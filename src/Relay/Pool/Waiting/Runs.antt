-- ===== src/Relay/Pool/Waiting/Runs.antt =====
-- A pending `connect` over any events (src/relay-session.mjs).
use relayswarm.Base.{
  ◌∙◌, sym, ℕ, ◌+◌, ◌≤◌, ◌≡◌, refl, ap, Bool, true, false, ◌&&◌, not, Option, none, some, List, [],
  ◌∷◌, ◌++◌, Text, length, length-append, ◌==◌, if_keeps, if_cases, arith,
}
use relayswarm.Relay.Pool.Calls.{is_there, on_close, without}
use relayswarm.Relay.Pool.Frames.{Nostr}
use relayswarm.Relay.Pool.Runs.{
  Happening, connects, opens, ends, receives, subscribes, unsubscribes, publishes, publishes_to,
  listens, unlistens, watches_refusals, unwatches_refusals, watches_opening, unwatches_opening,
  closes, is_calm, perform,
}
use relayswarm.Relay.Pool.Calm.{perform-Calm}
use relayswarm.Relay.Pool.Dialling.{
  Config, Caller, round, retry, Dial, Retry, Dialler, new_dialler, with_done, connect_one, redial,
}
use relayswarm.Relay.Pool.Listeners.{
  rejected, take_dial, shut_late, fails_dial, dial_fails, url_of, redial_lost, socket_ends,
  with_next, take_retry, fires_retry, retry_fires, DialEvent, fails, fires, dial_step, dial_run,
  acts, dials_by,
}
use relayswarm.Relay.Pool.Waiting.{times, Standing, awaited, IsAwaited, Kept-IsAwaited, redial-Kept}
use relayswarm.Relay.Pool.Waiting.Steps.{
  Taken, take_dial-Taken, round_fails-IsAwaited, retry_fails-IsAwaited,
}
use relayswarm.Relay.Pool.Waiting.Steps.{dials_of-append}
use relayswarm.Relay.Pool.Waiting.Calls.{connect-IsAwaited, close_all-IsAwaited}
use relayswarm.Relay.Pool.Waiting.Opening.{dial_opens-IsAwaited}

dial_fails-IsAwaited :
    (c : Config) (s : ℕ) (d : Dialler) → IsAwaited c d → IsAwaited c (dial_fails c s d)
unfolding dial_fails
dial_fails-IsAwaited c s d v = go (take_dial s d.dials) (take_dial-Taken s d.dials)
  where
    each :
        (x : Dial) (rest : List Dial) (k : Caller)
        → x.caller ≡ k
        → Taken d.dials (some (x, rest))
        → IsAwaited c (rejected c x.url k (shut_late s (record d { dials = rest })))
    each x rest (round id) e t = round_fails-IsAwaited c d v s id x rest e t
    each x rest (retry k) e t = retry_fails-IsAwaited c d v s k x rest e t

    go : (o : Option (Dial × List Dial)) → Taken d.dials o → IsAwaited c (fails_dial c s o d)
    go none t = v
    go (some (x, rest)) t = each x rest x.caller refl t

length-without : (s : ℕ) (xs : List ℕ) → length (without s xs) ≤ length xs
length-without s [] = omega arith
length-without s (x ∷ xs) = ground (arith, length-without s xs)

-- A socket that is gone.
gone-IsAwaited :
    (c : Config) (s : ℕ) (d : Dialler)
    → IsAwaited c d
    → IsAwaited c (with_done (on_close s d.pool) d)
unfolding on_close
gone-IsAwaited c s d v = record {
  idle = λ h. omega (arith, v.idle h, length-without s d.pool.sockets);
  counted = v.counted;
  standing = go d.connecting v.standing;
  waits = v.waits;
}
  where
    go :
        (o : Option ℕ)
        → Standing c.reconnect o d.pool
        → Standing c.reconnect o (record d.pool { sockets = without s d.pool.sockets })
    go none st = tt
    go (some n) st = (st.0, st.1, λ h. omega (arith, st.2 h, length-without s d.pool.sockets))

socket_ends-IsAwaited :
    (c : Config) (s : ℕ) (d : Dialler) → IsAwaited c d → IsAwaited c (socket_ends c s d)
unfolding socket_ends
socket_ends-IsAwaited c s d v =
    let lost = dial_fails c s (with_done (on_close s d.pool) d) in
    let w = dial_fails-IsAwaited c s (with_done (on_close s d.pool) d) (gone-IsAwaited c s d v) in
    if_keeps (IsAwaited c) (c.reconnect && d.pool.connected && is_there s d.pool.sockets) _ lost
      (go lost w (url_of s d.made)) w
  where
    go : (e : Dialler) → IsAwaited c e → (o : Option Text) → IsAwaited c (redial_lost c o e)
    go e w none = w
    go e w (some url) = Kept-IsAwaited c e (redial c url 1 e) (redial-Kept c url 1 e) w

abbrev Fewer : List Retry → Option (Retry × List Retry) → Type 0
Fewer xs none = Unit
Fewer xs (some (r, rest)) = length xs ≡ length rest + 1

take_retry-Fewer : (t : ℕ) (xs : List Retry) → Fewer xs (take_retry t xs)
unfolding take_retry
take_retry-Fewer t [] = tt
take_retry-Fewer t (x ∷ xs) =
    if_keeps (Fewer (x ∷ xs)) (x.timer == t) (some (x, xs)) (with_next x (take_retry t xs))
      (omega arith) (go (take_retry t xs) (take_retry-Fewer t xs))
  where
    go : (o : Option (Retry × List Retry)) → Fewer xs o → Fewer (x ∷ xs) (with_next x o)
    go none h = tt
    go (some (y, ys)) h = omega (arith, h)

retry_fires-IsAwaited :
    (c : Config) (t : ℕ) (d : Dialler) → IsAwaited c d → IsAwaited c (retry_fires t d)
unfolding retry_fires
retry_fires-IsAwaited c t d v = go (take_retry t d.retries) (take_retry-Fewer t d.retries)
  where
    unconnected :
        (b : Bool) (o : Option ℕ) (rest : List Retry)
        → d.pool.connected ≡ false
        → Standing b o d.pool
        → 1 ≤ awaited b o d.dials rest
    unconnected b none rest h st = omega arith
    unconnected b (some n) rest h st = absurd (cc (h, st.1))

    dialled :
        (b : Bool) (o : Option ℕ) (x : Dial) (rest : List Retry)
        → length d.retries ≡ length rest + 1
        → 1 ≤ awaited b o d.dials d.retries
        → 1 ≤ awaited b o (d.dials ++ (x ∷ [])) rest
    dialled b none x rest h w = omega arith
    dialled true (some n) x rest h w = omega (arith, length-append d.dials (x ∷ []))
    dialled false (some n) x rest h w = omega (arith, w, dials_of-append n d.dials (x ∷ []))

    go : (o : Option (Retry × List Retry)) → Fewer d.retries o → IsAwaited c (fires_retry o d)
    go none f = v
    go (some (r, rest)) f =
        if_cases (IsAwaited c) (not d.pool.connected) (record d { retries = rest })
          (connect_one r.url (retry r.attempt) (record d { retries = rest }))
          (λ h. record {
            idle = v.idle;
            counted = v.counted;
            standing = v.standing;
            waits = unconnected c.reconnect d.connecting rest (ground (arith, h)) v.standing;
          })
          (λ h. record {
            idle = λ e. absurd (ground (arith, h, e));
            counted = v.counted;
            standing = v.standing;
            waits = dialled c.reconnect d.connecting _ rest f v.waits;
          })

calm-IsAwaited :
    (c : Config) (n : Nostr) (a : Happening) (d : Dialler)
    → is_calm a ≡ true
    → IsAwaited c d
    → IsAwaited c (with_done (perform n a d.pool) d)
calm-IsAwaited c n a d h v =
    let k = perform-Calm n a d.pool h in
    record {
      idle = λ e. ap (λ xs. length xs + length d.dials) k.2 ∙ v.idle (sym k.1 ∙ e);
      counted = v.counted;
      standing = go d.connecting v.standing;
      waits = v.waits;
    }
  where
    go :
        (o : Option ℕ)
        → Standing c.reconnect o d.pool
        → Standing c.reconnect o (perform n a d.pool).pool
    go none st = tt
    go (some id) st =
        let k = perform-Calm n a d.pool h in
        (k.0 ∙ st.0, k.1 ∙ st.1, λ e. ap (λ xs. length xs) k.2 ∙ st.2 e)

dials_by-IsAwaited :
    (c : Config) (a : Happening) (d : Dialler) → IsAwaited c d → IsAwaited c (dials_by c a d)
dials_by-IsAwaited c connects d v = connect-IsAwaited c d v
dials_by-IsAwaited c (opens s) d v = dial_opens-IsAwaited c s d v
dials_by-IsAwaited c (ends s) d v = socket_ends-IsAwaited c s d v
dials_by-IsAwaited c closes d v = close_all-IsAwaited c d v
dials_by-IsAwaited c (receives t) d v = v
dials_by-IsAwaited c (subscribes id f) d v = v
dials_by-IsAwaited c (unsubscribes id) d v = v
dials_by-IsAwaited c (publishes e) d v = v
dials_by-IsAwaited c (publishes_to s e) d v = v
dials_by-IsAwaited c (listens h) d v = v
dials_by-IsAwaited c (unlistens h) d v = v
dials_by-IsAwaited c (watches_refusals h) d v = v
dials_by-IsAwaited c (unwatches_refusals h) d v = v
dials_by-IsAwaited c (watches_opening h) d v = v
dials_by-IsAwaited c (unwatches_opening h) d v = v

dial_step-IsAwaited :
    (c : Config) (n : Nostr) (e : DialEvent) (d : Dialler)
    → IsAwaited c d
    → IsAwaited c (dial_step c n e d)
unfolding dial_step
dial_step-IsAwaited c n (acts a) d v =
    if_cases (IsAwaited c) (is_calm a) (with_done (perform n a d.pool) d) (dials_by c a d)
      (λ h. calm-IsAwaited c n a d h v) (λ h. dials_by-IsAwaited c a d v)
dial_step-IsAwaited c n (fails s) d v = dial_fails-IsAwaited c s d v
dial_step-IsAwaited c n (fires t) d v = retry_fires-IsAwaited c t d v

dial_run-IsAwaited :
    (c : Config) (n : Nostr) (es : List DialEvent) (d : Dialler)
    → IsAwaited c d
    → IsAwaited c (dial_run c n es d)
unfolding dial_run
dial_run-IsAwaited c n [] d v = v
dial_run-IsAwaited c n (e ∷ es) d v =
    dial_run-IsAwaited c n es (dial_step c n e d) (dial_step-IsAwaited c n e d v)

-- Over any events, the promise of each call of `connect` that has dialled is either pending or has
-- been settled exactly once; and while one is pending the pool is open and something that settles it
-- is still to come: without `reconnect` a dial of this call, and with it, where no relay is open, a
-- dial or the timer of a retry.
pub dial_run-new_dialler-IsAwaited :
    (c : Config) (n : Nostr) (es : List DialEvent) → IsAwaited c (dial_run c n es new_dialler)
unfolding times
dial_run-new_dialler-IsAwaited c n es = dial_run-IsAwaited c n es new_dialler (record {
  idle = λ h. omega arith;
  counted = λ id. ground arith;
  standing = tt;
  waits = omega arith;
})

▶ **Work item**
Reproduce, word for word and in full, only the lines above that start at the line with "(connect_one r.url (retry" and run through the line with "(c : Config) (n : Nostr) (a", both ends included.

▶ **Worked solution**
          (connect_one r.url (retry r.attempt) (record d { retries = rest }))
          (λ h. record {
            idle = v.idle;
            counted = v.counted;
            standing = v.standing;
            waits = unconnected c.reconnect d.connecting rest (ground (arith, h)) v.standing;
          })
          (λ h. record {
            idle = λ e. absurd (ground (arith, h, e));
            counted = v.counted;
            standing = v.standing;
            waits = dialled c.reconnect d.connecting _ rest f v.waits;
          })

calm-IsAwaited :
    (c : Config) (n : Nostr) (a : Happening) (d : Dialler)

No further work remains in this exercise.